- **Exercise**:
From the listing below, copy each line that holds "unsigned".

- **Records provided**:
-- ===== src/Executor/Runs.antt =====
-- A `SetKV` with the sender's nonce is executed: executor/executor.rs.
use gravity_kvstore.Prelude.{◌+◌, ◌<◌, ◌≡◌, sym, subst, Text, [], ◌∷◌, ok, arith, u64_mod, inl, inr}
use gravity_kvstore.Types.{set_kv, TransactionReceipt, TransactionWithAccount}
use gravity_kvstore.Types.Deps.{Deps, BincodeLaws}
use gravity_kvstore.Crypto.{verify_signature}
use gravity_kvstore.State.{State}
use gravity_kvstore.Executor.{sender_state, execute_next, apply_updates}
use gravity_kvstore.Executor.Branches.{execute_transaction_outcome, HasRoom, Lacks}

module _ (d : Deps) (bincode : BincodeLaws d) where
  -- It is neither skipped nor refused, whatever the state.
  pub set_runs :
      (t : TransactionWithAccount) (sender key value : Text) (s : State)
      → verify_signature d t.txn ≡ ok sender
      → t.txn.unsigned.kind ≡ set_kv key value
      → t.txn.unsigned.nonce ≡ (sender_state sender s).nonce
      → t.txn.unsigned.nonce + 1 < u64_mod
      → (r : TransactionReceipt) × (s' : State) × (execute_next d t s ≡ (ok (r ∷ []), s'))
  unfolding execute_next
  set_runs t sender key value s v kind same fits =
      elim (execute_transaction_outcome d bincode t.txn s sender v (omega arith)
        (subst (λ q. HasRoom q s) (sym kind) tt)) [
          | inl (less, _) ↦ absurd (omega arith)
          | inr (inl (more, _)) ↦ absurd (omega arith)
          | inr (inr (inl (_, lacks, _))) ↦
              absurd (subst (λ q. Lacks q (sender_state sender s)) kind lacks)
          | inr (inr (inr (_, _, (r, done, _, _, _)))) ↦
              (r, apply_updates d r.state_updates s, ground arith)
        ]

- **Task result**:
      → t.txn.unsigned.kind ≡ set_kv key value
      → t.txn.unsigned.nonce ≡ (sender_state sender s).nonce
      → t.txn.unsigned.nonce + 1 < u64_mod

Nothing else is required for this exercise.